Paying for college is a challenge faced by thousands of students every year, and there are more and more options emerging to fund your education. There are work-study programs, scholarships and grants, programs that offer stipends and fellowships. But even with all of that, most students will still use loans to supplement the high cost of higher education.

The average debt for college graduates is nearly $25,000. Although some may consider this to be “good debt,” since it’s an investment in one’s future, it is still debt nonetheless and needs to be repaid. With a competitive job market, this can be difficult to manage.

Here are a few tips to help tackle student loan debt:

Create a budget

Know how much money you have each month and make a list of all your expenses. Be careful with frivolous spending and prioritize your bills. Avoid creating new debt with high interest credit cards. Be sure to make your loan payments on time each month. Enrolling in auto-pay is a great way to make sure your loans are paid on time each month.

Know all of your options

You may be able to deduct yearly interest paid on student loans. All you need to do is fill out Form 1040 or 1040A and you don’t even have to itemize your deductions. Research tax laws in your state to make sure you get the full advantage available to you.

Communicate with your lender

Many lenders offer money-saving incentives to borrowers who make consistent, on-time payments each month. You could qualify for interest rate deductions or principal reductions. Also, if you’re in a pinch and unable to find a job right away or if you become laid-off or unemployed, keeping your lender abreast of your situation will only be beneficial to you. Lenders will sometimes defer payments for a designated period of time or they may try to work with you to reduce your payments so that you can still make them each month.

Pay off higher interest loans first

Typically, federally funded loans offer lower interest rates. When you have extra cash, put it towards those higher interest private loans to pay off your balance sooner.

Consolidate the Loans

Although you won’t be able to consolidate your federal loans with your private ones, it may still be a benefit to consolidate loans, often at a lower interest rate than before, to simplify your finances. Although you may ultimately be repaying the same amount, making fewer payments each month is often more manageable.

Research loan forgiveness programs

Depending on your career field, you may qualify for loan forgiveness, where a portion or all of your student loan debt is erased. Many states offer loan-forgiveness programs for social workers, health workers and teachers who work in under-served areas. There are many different programs available for dozens of career paths, some federally sponsored, some private. In this case, it definitely pays to do your homework.
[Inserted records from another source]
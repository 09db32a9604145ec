-- ===== src/Manager/Layout/Ranges.antt =====
-- Ranges that do not overlap.
use assignment2_c.Prelude.{
  ℕ, ◌+◌, ◌≡◌, ◌≢◌, ◌≤◌, ◌⊎◌, inl, inr, refl, List, [], ◌∷◌, ◌++◌, arith, Bool-cases, ◌==◌, ap,
  ==_of_ne,
}
use assignment2_c.Manager.{Adress}
use assignment2_c.Manager.Layout.Used.{Ranges, Inserted, without}

-- The range of `m` bytes at `q` is one of these.
abbrev pub In : Adress → ℕ → List (Adress × ℕ) → Type 0
In q m [] = ⊥
In q m ((p, n) ∷ us) = ((q ≡ p) × (m ≡ n)) ⊎ In q m us

In-le : (us : List (Adress × ℕ)) (q m a end : Adress) → Ranges a us end → In q m us → a ≤ q
In-le [] q m a end r i = absurd i
In-le ((p, n) ∷ us) q m a end r (inl e) = omega arith
In-le ((p, n) ∷ us) q m a end r (inr i) = omega (arith, In-le us q m (p + n) end r.1 i)

In-middle : (front back : List (Adress × ℕ)) (q m : ℕ) → In q m (front ++ (q, m) ∷ back)
In-middle [] back q m = inl (refl, refl)
In-middle (u ∷ front) back q m = inr (In-middle front back q m)

apart_split :
    (front back : List (Adress × ℕ)) (p n q m a end : Adress)
    → Ranges a (front ++ (p, n) ∷ back) end
    → In q m (front ++ back)
    → (q + m ≤ p) ⊎ (p + n ≤ q)
apart_split [] back p n q m a end r i = inr (In-le back q m (p + n) end r.1 i)
apart_split ((o, l) ∷ front) back p n q m a end r (inl e) = inl (
    omega (arith, e, In-le (front ++ (p, n) ∷ back) p n (o + l) end r.1 (In-middle front back p n)))
apart_split ((o, l) ∷ front) back p n q m a end r (inr i) =
    apart_split front back p n q m (o + l) end r.1 i

-- A range that is put in overlaps none of the others.
pub apart :
    (us vs : List (Adress × ℕ)) (p n q m a end : Adress)
    → Inserted (p, n) us vs
    → Ranges a vs end
    → In q m us
    → (q + m ≤ p) ⊎ (p + n ≤ q)
apart us vs p n q m a end (front, back, e, f) r i =
    apart_split front back p n q m a end (rw f at r) (rw e at i)

without_split :
    (front back : List (Adress × ℕ)) (p q n : ℕ)
    → q ≢ p
    → Inserted (q, n) (without p (front ++ back)) (without p (front ++ (q, n) ∷ back))
without_split [] back p q n ne = ([], without p back, refl, rw (==_of_ne q p ne))
without_split ((o, l) ∷ front) back p q n ne = elim (Bool-cases (o == p)) [
  | inl e ↦ (front, back, rw e, rw e)
  | inr e ↦
      let (f, g, x, y) = without_split front back p q n ne in
      ((o, l) ∷ f, g, rw e (ap (λ t. (o, l) ∷ t) x), rw e (ap (λ t. (o, l) ∷ t) y))
]

-- Another range may be taken out before or after.
pub without-Inserted :
    (us vs : List (Adress × ℕ)) (p q n : ℕ)
    → q ≢ p
    → Inserted (q, n) us vs
    → Inserted (q, n) (without p us) (without p vs)
without-Inserted us vs p q n ne (front, back, e, f) = rw (e, f) (without_split front back p q n ne)

pub In-without : (us : List (Adress × ℕ)) (p q m : ℕ) → In q m (without p us) → In q m us
In-without [] p q m i = i
In-without ((o, l) ∷ us) p q m i = elim (Bool-cases (o == p)) [
  | inl e ↦ inr (rw e at i)
  | inr e ↦
      let j : ((q ≡ o) × (m ≡ l)) ⊎ In q m (without p us) = rw e at i in
      elim j [ inl x ↦ inl x | inr y ↦ inr (In-without us p q m y) ]
]
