-- ===== src/Manager/History.antt =====
-- The states that a client of memory_manager.c comes through after `mem_init`.
pub mod Safety
use assignment2_c.Prelude.{ℕ, ◌≡◌, ◌<◌, take}
use assignment2_c.Manager.{Adress, MemoryBlock, BlockTable, Manager, ok}
use assignment2_c.Manager.Layout.Used.{used}
use assignment2_c.Manager.Layout.Ranges.{In}
use assignment2_c.Manager.Alloc.{Realloc, mem_alloc}
use assignment2_c.Manager.Free.{mem_free}
use assignment2_c.Manager.Resize.{mem_resize}

-- The part of the array that is in use.
abbrev pub live : Manager → BlockTable
live s = take s.memory_blocks_size s.memory_blocks

-- From the state `first`: any allocation, any release, a change of the size of a block that is handed
-- out, and any writes to memory, in any number and order.
pub data Reached (realloc : Realloc) (first : Manager) : Manager → Type 0 where
  begun : Reached realloc first first
  allocated :
      {s t : Manager} (size : ℕ) (q : Adress)
      → Reached realloc first s
      → mem_alloc realloc size s ≡ ok q t
      → Reached realloc first t
  released :
      {s t : Manager} (p : Adress)
      → Reached realloc first s
      → mem_free p s ≡ ok tt t
      → Reached realloc first t
  resized :
      {s t : Manager} (p q : Adress) (old size : ℕ)
      → Reached realloc first s
      → In p old (used (live s))
      → mem_resize realloc p size s ≡ ok q t
      → Reached realloc first t
  written :
      {s : Manager} (bytes : Adress → ℕ)
      → Reached realloc first s
      → Reached realloc first (record s { bytes = bytes })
One Response to Managing Student Debt After Graduation

  1. Ben says:

    What is your opinion on prepaying student loans? I think students are being disadvantaged by the advice that they should focus on paying off their loans before focusing on savings. However, I think that w/ the tax advantages that student loans have, it is more important to focus on getting your savings started sooner than trying to be completely debt free. What do you think?